• Records shown:
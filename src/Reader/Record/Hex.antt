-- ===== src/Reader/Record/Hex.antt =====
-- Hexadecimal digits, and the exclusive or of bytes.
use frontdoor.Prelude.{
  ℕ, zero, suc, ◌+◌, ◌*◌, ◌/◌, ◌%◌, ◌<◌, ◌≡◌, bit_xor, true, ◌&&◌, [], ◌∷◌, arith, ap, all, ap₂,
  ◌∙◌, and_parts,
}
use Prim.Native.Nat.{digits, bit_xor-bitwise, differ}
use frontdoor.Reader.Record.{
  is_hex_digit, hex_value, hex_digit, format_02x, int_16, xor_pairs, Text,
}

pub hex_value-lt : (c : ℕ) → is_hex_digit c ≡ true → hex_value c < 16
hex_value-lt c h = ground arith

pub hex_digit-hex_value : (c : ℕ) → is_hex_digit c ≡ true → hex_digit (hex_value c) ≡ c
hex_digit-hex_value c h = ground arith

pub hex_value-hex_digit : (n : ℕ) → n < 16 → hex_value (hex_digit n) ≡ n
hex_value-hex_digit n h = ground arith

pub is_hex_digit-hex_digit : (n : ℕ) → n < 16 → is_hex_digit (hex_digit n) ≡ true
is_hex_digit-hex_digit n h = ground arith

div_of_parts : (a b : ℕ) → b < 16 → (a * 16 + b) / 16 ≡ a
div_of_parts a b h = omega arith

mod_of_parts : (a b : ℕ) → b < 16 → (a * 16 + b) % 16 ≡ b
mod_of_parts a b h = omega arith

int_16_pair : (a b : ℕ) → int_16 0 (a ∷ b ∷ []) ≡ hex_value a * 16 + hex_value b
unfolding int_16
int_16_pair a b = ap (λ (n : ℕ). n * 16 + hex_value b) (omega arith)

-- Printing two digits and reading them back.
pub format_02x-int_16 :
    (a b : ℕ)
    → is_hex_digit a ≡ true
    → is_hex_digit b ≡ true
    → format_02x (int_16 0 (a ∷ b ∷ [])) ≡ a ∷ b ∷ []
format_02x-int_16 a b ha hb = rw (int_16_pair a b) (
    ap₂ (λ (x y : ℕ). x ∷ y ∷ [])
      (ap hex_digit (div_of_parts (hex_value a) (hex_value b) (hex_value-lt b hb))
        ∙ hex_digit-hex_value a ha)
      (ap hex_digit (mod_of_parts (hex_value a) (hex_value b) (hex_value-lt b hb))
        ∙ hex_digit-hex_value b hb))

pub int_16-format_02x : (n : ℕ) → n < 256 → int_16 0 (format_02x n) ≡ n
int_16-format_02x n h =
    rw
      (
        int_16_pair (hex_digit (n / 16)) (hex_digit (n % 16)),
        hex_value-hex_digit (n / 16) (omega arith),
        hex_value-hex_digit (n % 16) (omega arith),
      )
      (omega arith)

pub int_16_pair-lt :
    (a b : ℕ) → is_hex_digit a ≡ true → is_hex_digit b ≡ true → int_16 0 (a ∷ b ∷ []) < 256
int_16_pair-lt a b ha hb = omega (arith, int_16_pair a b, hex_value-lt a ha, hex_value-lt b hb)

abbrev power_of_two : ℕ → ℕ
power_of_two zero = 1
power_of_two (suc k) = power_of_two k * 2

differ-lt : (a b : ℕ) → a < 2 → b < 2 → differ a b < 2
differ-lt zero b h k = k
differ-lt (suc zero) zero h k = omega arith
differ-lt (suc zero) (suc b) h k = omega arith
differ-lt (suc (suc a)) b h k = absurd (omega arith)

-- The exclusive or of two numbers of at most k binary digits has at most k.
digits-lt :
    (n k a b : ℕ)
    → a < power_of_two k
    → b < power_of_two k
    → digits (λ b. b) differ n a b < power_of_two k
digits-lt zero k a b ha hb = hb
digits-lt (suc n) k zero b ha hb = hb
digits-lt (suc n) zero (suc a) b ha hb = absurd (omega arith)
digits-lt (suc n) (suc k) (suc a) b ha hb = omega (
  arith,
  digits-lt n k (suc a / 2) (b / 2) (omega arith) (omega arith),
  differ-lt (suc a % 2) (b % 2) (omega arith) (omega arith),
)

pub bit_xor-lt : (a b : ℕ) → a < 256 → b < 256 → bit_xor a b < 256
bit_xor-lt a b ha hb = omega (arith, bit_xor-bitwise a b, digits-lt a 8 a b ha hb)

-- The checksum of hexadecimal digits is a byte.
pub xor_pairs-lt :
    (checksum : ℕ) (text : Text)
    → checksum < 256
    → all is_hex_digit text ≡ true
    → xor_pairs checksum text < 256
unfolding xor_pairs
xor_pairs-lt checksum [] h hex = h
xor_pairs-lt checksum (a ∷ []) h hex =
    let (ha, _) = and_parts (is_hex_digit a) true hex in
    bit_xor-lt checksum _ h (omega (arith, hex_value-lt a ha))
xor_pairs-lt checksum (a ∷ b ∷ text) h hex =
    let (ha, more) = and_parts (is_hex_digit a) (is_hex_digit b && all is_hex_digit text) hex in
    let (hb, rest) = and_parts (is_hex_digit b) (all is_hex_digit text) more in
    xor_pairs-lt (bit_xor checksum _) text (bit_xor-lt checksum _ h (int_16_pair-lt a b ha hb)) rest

• Task details:
Set each line down exactly, starting with the one that contains "bit_xor-lt a b" and ending with the last line of the listing; add nothing else.

• Completed exercise:
bit_xor-lt a b ha hb = omega (arith, bit_xor-bitwise a b, digits-lt a 8 a b ha hb)

-- The checksum of hexadecimal digits is a byte.
pub xor_pairs-lt :
    (checksum : ℕ) (text : Text)
    → checksum < 256
    → all is_hex_digit text ≡ true
    → xor_pairs checksum text < 256
unfolding xor_pairs
xor_pairs-lt checksum [] h hex = h
xor_pairs-lt checksum (a ∷ []) h hex =
    let (ha, _) = and_parts (is_hex_digit a) true hex in
    bit_xor-lt checksum _ h (omega (arith, hex_value-lt a ha))
xor_pairs-lt checksum (a ∷ b ∷ text) h hex =
    let (ha, more) = and_parts (is_hex_digit a) (is_hex_digit b && all is_hex_digit text) hex in
    let (hb, rest) = and_parts (is_hex_digit b) (all is_hex_digit text) more in
    xor_pairs-lt (bit_xor checksum _) text (bit_xor-lt checksum _ h (int_16_pair-lt a b ha hb)) rest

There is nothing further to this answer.